***** Dataset entries *****
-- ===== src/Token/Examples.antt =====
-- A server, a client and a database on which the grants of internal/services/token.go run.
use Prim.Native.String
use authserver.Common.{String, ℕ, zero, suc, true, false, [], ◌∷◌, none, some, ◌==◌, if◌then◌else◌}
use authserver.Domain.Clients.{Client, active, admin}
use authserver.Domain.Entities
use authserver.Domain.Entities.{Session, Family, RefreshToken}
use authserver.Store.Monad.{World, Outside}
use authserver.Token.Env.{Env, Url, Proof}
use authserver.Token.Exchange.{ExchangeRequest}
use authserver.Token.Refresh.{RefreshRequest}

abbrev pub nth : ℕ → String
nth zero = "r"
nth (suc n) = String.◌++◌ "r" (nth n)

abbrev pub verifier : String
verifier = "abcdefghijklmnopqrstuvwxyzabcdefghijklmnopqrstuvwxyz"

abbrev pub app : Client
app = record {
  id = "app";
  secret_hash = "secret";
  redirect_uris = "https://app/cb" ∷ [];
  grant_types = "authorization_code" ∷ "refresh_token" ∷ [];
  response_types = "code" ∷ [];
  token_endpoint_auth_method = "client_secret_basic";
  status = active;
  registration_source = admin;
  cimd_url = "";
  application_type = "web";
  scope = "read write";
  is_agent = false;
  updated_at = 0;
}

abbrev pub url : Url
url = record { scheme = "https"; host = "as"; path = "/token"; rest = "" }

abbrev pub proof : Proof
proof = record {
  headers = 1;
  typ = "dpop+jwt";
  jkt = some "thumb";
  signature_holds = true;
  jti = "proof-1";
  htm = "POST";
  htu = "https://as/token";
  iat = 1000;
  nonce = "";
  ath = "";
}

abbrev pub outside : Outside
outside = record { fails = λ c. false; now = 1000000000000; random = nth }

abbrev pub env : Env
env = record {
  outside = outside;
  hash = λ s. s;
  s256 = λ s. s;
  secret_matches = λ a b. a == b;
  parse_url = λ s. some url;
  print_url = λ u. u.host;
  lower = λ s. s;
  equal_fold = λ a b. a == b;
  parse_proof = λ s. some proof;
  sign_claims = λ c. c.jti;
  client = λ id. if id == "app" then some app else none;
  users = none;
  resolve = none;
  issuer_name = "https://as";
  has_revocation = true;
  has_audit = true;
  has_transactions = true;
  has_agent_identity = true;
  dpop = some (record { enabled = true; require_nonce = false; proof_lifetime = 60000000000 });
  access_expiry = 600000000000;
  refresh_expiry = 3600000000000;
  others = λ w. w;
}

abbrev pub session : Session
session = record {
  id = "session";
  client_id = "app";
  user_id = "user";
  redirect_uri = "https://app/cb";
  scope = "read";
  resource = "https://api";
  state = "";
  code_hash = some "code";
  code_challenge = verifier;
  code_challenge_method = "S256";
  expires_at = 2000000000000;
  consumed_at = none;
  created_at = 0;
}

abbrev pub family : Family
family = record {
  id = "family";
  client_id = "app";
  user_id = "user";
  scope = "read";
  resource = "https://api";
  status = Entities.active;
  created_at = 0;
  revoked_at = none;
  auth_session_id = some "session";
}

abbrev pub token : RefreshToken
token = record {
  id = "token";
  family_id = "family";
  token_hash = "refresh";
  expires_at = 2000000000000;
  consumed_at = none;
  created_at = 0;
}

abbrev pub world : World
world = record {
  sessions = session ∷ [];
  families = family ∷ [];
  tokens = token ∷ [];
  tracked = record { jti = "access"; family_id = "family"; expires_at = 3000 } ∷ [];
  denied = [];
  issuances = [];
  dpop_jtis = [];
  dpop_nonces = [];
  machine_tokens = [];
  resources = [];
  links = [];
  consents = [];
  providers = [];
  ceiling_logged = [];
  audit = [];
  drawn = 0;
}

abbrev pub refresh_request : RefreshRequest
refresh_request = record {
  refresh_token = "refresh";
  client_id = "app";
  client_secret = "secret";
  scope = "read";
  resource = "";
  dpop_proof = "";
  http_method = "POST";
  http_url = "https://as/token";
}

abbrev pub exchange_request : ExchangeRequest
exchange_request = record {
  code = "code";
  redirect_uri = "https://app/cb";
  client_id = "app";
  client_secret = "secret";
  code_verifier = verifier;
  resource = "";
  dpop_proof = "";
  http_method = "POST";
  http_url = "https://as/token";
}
*****
Start at the line with "code_verifier = verifier;" and stop at the end of the records. Write those lines out exactly and add nothing.

  code_verifier = verifier;
  resource = "";
  dpop_proof = "";
  http_method = "POST";
  http_url = "https://as/token";
}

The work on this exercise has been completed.